--- Data for the task Enclosed Below ---
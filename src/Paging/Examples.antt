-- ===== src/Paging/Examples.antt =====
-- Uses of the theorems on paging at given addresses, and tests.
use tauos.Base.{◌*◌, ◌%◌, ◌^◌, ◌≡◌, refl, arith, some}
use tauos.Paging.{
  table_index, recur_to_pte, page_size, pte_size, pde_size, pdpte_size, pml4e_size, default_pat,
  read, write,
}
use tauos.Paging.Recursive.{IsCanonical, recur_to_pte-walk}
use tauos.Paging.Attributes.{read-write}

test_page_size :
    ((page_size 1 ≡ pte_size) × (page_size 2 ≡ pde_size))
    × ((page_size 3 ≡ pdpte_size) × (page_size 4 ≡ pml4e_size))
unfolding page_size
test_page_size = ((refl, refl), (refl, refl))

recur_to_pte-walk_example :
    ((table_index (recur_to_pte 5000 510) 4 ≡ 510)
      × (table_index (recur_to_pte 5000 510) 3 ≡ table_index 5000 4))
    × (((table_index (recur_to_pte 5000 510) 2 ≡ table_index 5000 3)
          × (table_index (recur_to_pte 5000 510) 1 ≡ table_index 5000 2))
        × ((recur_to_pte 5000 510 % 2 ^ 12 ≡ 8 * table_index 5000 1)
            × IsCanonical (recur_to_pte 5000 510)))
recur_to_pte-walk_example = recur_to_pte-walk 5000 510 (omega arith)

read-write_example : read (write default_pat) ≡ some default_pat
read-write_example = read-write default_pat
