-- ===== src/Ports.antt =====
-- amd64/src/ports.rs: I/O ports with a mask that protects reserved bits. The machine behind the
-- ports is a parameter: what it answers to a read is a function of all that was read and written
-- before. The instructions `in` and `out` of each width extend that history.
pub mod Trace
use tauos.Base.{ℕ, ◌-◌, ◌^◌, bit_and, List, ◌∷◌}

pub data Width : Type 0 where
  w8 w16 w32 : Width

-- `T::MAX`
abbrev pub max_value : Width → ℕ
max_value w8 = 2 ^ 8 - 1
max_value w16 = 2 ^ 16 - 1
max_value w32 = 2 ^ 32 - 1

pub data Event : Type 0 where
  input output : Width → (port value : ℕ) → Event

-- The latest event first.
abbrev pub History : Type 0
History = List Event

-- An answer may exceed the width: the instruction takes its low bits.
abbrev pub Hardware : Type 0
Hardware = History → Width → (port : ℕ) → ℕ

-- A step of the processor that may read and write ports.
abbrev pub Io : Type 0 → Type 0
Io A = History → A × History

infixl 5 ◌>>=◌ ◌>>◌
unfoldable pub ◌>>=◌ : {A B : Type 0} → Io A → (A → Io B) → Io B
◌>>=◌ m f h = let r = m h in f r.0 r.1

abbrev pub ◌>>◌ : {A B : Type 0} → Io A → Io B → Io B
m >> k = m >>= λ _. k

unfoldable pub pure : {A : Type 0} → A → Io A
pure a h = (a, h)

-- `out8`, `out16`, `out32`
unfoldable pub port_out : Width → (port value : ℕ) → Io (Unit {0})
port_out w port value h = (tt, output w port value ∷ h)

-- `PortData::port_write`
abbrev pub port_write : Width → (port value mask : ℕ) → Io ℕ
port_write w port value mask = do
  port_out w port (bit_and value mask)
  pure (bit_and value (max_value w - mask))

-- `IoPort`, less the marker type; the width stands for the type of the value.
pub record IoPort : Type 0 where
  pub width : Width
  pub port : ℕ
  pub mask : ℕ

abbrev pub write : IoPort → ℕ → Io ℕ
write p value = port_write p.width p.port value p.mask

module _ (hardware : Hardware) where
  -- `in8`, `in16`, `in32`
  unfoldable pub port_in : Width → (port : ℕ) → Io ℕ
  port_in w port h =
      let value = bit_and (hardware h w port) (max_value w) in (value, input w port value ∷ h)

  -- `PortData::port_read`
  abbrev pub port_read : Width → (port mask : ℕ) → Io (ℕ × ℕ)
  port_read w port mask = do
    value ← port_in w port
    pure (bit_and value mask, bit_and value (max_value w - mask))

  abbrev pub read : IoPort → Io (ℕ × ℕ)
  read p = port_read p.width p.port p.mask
--- End of Enclosed Data for the task ---
__Exercise goal__
This exercise calls for the lines from the one holding "port_write w port value mask = do" through the end of the entries, transcribed exactly and with nothing more.

__Output for this exercise__
port_write w port value mask = do
  port_out w port (bit_and value mask)
  pure (bit_and value (max_value w - mask))

-- `IoPort`, less the marker type; the width stands for the type of the value.
pub record IoPort : Type 0 where
  pub width : Width
  pub port : ℕ
  pub mask : ℕ

abbrev pub write : IoPort → ℕ → Io ℕ
write p value = port_write p.width p.port value p.mask

module _ (hardware : Hardware) where
  -- `in8`, `in16`, `in32`
  unfoldable pub port_in : Width → (port : ℕ) → Io ℕ
  port_in w port h =
      let value = bit_and (hardware h w port) (max_value w) in (value, input w port value ∷ h)

  -- `PortData::port_read`
  abbrev pub port_read : Width → (port mask : ℕ) → Io (ℕ × ℕ)
  port_read w port mask = do
    value ← port_in w port
    pure (bit_and value mask, bit_and value (max_value w - mask))

  abbrev pub read : IoPort → Io (ℕ × ℕ)
  read p = port_read p.width p.port p.mask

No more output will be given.